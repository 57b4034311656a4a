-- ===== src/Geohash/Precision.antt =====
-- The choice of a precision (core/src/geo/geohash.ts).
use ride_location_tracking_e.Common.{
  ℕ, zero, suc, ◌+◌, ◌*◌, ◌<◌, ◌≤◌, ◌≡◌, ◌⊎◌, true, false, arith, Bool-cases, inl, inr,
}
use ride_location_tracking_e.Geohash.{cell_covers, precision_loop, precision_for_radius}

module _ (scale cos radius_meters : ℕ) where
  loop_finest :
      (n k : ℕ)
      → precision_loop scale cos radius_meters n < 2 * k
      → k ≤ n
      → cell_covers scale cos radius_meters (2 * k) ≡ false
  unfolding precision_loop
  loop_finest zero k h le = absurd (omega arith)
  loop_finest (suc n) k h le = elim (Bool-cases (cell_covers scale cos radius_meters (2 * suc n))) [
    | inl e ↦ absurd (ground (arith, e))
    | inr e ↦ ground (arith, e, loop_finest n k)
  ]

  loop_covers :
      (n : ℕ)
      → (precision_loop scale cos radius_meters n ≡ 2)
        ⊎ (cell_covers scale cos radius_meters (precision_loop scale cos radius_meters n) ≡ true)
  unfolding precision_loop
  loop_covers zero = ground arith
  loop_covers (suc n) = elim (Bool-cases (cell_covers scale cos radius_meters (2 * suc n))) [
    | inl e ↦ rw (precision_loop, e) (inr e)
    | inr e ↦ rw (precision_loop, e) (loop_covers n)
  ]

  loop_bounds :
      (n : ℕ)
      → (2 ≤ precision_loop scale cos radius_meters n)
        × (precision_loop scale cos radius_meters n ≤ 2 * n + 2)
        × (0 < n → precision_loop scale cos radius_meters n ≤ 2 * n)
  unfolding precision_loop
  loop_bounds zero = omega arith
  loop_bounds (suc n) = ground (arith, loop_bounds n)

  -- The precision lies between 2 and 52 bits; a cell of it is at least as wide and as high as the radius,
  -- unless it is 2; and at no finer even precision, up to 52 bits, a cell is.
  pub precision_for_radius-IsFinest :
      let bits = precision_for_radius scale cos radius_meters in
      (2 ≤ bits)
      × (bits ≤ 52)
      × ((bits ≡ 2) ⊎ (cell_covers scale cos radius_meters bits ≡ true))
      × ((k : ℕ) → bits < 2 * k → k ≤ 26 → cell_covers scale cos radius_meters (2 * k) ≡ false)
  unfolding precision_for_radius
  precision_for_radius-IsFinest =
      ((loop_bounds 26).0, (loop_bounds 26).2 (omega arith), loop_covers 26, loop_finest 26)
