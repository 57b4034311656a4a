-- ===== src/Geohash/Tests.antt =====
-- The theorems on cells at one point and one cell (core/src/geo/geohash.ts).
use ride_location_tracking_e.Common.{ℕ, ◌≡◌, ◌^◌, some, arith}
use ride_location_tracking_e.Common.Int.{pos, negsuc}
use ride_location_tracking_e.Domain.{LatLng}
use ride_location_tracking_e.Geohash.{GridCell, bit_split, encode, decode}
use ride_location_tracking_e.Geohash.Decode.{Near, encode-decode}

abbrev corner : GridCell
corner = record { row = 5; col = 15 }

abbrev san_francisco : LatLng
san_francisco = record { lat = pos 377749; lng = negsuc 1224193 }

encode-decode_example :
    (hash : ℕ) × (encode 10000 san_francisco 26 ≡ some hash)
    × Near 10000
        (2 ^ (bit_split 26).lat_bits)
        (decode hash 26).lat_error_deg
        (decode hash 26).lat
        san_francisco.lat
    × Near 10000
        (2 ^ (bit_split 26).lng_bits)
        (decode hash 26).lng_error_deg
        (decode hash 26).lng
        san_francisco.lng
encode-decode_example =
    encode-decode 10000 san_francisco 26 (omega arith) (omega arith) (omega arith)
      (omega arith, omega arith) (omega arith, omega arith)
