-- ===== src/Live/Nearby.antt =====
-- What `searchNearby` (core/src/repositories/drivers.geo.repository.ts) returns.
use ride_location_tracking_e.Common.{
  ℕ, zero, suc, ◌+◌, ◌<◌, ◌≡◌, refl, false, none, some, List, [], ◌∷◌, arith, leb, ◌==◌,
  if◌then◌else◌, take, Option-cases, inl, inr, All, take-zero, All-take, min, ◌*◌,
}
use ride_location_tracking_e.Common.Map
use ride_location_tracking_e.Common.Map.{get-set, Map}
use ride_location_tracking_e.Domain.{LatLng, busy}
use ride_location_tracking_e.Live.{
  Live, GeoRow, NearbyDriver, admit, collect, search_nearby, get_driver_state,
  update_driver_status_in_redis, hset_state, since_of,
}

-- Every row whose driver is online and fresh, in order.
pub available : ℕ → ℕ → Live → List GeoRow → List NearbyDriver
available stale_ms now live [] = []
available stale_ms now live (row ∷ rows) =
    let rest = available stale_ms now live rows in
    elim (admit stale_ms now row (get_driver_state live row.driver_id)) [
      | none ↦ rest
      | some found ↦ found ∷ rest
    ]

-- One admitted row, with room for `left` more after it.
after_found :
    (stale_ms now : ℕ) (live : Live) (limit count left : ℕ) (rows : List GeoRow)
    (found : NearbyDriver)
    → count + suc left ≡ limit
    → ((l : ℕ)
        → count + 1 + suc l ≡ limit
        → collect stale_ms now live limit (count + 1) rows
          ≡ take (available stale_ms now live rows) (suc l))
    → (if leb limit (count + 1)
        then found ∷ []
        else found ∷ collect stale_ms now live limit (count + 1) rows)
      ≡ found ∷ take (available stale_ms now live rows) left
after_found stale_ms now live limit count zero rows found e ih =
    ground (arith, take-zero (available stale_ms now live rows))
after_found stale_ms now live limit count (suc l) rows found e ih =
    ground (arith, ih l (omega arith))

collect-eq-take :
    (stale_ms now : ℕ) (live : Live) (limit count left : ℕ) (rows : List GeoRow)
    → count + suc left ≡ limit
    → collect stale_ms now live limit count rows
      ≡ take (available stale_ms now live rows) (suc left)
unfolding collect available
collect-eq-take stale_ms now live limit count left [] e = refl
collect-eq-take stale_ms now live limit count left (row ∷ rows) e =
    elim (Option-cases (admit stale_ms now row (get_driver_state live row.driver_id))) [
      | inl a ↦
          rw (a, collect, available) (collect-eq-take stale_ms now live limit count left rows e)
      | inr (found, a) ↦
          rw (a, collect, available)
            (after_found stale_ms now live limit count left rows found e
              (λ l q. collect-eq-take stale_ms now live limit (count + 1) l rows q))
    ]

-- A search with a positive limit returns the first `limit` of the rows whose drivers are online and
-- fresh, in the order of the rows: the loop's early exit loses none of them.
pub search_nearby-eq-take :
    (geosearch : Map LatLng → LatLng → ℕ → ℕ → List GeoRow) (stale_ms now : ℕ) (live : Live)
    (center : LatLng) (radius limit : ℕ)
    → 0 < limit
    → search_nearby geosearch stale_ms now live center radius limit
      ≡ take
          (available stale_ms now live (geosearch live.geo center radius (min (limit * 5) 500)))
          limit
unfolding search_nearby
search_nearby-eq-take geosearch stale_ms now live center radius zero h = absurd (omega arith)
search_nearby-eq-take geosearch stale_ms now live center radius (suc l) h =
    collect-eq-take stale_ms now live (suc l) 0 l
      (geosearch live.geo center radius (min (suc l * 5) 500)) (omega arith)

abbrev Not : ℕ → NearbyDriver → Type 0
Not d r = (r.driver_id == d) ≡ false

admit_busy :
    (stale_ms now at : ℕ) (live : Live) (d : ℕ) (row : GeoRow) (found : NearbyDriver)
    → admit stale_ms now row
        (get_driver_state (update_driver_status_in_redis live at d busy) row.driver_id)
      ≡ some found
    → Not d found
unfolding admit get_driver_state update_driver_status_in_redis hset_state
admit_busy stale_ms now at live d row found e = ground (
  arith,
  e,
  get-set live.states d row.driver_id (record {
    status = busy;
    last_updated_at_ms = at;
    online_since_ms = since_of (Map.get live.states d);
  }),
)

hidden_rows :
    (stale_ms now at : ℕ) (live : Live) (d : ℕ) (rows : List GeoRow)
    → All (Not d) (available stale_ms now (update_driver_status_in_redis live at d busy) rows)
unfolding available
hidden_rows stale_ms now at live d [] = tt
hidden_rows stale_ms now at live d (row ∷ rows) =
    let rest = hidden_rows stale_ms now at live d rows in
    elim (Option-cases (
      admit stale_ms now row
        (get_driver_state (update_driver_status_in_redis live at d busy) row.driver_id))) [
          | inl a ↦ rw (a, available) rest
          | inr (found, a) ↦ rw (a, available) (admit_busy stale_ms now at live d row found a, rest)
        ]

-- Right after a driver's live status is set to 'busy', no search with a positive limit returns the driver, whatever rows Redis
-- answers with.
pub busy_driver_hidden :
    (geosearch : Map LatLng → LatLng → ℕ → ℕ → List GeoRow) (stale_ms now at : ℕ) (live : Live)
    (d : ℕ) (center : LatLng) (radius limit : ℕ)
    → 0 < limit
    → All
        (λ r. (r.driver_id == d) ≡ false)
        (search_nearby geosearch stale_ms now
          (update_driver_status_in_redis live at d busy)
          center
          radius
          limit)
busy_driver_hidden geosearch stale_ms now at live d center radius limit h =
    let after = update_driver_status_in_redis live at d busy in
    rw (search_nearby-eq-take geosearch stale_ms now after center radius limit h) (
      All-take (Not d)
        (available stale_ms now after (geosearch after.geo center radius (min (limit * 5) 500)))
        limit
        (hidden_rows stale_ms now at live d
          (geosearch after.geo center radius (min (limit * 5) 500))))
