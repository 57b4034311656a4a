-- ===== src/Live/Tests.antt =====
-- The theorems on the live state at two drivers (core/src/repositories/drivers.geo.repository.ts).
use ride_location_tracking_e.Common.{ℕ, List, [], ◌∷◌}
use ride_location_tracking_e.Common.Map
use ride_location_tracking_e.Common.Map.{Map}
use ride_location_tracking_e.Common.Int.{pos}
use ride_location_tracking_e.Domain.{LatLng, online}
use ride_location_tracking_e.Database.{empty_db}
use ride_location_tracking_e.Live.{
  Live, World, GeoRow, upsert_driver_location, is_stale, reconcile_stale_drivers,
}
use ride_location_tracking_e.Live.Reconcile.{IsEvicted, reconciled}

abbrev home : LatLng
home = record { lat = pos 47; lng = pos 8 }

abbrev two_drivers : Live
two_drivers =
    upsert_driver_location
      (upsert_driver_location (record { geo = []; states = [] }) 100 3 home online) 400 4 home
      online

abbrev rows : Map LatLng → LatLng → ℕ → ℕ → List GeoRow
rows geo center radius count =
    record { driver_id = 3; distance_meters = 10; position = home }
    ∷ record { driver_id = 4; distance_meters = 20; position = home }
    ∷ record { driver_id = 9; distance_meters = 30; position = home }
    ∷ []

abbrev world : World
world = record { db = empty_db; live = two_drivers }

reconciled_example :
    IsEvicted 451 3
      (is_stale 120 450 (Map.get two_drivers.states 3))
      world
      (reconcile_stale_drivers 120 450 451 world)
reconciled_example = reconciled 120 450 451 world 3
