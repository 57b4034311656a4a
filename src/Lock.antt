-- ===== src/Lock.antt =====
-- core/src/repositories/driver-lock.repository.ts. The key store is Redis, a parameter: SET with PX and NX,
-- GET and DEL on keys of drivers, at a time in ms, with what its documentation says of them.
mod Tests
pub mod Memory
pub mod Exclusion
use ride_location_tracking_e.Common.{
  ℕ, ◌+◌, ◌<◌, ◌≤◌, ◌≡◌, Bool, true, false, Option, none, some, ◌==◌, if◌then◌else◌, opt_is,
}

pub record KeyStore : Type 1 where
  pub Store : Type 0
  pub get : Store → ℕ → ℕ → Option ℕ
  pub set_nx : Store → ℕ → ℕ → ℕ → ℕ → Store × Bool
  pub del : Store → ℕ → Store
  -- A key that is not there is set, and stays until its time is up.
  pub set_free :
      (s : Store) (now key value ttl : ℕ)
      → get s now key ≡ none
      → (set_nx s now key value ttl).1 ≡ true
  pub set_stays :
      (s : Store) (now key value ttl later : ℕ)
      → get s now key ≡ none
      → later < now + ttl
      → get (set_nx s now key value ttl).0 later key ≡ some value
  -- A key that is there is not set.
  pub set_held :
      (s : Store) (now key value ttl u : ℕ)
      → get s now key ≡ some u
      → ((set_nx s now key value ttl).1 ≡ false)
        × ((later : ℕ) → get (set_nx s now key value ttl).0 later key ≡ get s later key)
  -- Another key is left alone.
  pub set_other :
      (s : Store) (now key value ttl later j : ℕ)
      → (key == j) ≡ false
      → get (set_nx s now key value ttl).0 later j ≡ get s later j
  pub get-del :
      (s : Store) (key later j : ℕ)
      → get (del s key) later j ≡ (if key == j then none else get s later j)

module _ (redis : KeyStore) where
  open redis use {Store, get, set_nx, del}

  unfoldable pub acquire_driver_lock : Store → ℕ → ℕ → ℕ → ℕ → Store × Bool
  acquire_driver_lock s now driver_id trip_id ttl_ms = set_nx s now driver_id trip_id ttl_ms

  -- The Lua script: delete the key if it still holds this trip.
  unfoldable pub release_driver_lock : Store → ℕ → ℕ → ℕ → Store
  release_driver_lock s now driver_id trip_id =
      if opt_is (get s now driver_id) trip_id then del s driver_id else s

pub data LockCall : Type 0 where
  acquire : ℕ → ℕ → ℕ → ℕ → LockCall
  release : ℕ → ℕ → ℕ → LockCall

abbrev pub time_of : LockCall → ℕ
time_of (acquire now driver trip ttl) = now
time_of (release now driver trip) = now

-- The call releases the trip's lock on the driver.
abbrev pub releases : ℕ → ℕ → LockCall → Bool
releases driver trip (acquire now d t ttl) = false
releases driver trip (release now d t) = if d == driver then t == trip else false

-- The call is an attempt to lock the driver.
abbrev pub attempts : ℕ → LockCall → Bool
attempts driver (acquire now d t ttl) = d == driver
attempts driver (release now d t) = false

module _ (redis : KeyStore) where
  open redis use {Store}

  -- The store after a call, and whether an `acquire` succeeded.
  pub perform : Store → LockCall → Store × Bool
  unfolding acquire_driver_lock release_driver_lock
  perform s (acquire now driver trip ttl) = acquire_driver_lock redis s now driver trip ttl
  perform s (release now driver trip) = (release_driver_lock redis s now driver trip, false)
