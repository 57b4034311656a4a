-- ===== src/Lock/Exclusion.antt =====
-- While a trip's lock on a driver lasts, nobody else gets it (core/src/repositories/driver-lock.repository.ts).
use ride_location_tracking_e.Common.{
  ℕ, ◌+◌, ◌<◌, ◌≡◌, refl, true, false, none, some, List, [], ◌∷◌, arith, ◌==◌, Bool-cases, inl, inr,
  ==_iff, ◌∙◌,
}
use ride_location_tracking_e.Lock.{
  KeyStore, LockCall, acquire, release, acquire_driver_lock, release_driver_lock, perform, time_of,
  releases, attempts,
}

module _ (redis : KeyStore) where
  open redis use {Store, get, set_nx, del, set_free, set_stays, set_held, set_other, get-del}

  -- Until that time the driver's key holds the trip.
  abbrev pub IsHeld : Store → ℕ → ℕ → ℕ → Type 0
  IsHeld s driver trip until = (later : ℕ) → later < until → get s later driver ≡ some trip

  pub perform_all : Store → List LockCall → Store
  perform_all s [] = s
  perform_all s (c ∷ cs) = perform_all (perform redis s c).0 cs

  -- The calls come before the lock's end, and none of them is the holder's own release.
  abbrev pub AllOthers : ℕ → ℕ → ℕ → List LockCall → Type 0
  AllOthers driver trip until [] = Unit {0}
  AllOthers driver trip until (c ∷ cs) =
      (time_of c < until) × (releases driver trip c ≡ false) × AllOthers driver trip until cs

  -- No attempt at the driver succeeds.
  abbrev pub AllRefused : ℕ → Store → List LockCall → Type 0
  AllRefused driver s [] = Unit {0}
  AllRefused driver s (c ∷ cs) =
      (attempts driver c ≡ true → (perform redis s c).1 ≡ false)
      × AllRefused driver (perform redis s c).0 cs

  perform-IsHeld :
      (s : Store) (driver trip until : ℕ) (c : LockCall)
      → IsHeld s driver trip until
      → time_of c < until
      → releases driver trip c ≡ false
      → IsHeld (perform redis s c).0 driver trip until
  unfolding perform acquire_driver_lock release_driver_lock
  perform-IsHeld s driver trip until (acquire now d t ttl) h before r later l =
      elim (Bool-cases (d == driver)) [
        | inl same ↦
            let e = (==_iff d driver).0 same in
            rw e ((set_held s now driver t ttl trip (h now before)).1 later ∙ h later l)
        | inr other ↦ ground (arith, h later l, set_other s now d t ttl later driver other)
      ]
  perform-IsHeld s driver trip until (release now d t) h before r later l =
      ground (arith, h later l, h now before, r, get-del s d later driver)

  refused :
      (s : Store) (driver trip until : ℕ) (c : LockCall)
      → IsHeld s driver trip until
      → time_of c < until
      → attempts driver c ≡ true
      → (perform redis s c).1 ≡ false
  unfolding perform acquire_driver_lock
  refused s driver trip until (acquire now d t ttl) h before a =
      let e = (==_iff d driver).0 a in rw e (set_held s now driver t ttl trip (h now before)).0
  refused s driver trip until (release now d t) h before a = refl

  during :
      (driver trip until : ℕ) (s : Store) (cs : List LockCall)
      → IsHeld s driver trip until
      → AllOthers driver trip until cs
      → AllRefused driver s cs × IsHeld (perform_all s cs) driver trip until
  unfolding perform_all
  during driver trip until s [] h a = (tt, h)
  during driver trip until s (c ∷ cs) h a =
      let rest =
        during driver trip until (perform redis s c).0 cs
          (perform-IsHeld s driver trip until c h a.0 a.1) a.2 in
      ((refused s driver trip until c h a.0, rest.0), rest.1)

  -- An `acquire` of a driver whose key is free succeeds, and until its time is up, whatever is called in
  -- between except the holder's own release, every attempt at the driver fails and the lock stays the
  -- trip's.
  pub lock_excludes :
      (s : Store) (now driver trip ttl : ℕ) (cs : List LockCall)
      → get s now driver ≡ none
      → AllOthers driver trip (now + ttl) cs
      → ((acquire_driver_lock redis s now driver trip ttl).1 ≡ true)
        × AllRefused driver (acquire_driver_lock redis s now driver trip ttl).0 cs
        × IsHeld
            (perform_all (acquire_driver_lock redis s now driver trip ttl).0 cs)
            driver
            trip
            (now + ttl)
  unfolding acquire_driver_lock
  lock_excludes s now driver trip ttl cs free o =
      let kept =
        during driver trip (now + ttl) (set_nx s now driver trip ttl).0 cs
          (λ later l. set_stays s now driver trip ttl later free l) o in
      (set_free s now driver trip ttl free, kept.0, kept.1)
====
### REQUIRED ACTION
Only the number is needed: please work out how many lines in the data contain the string "GeoRow".

### YOUR SOLUTION
10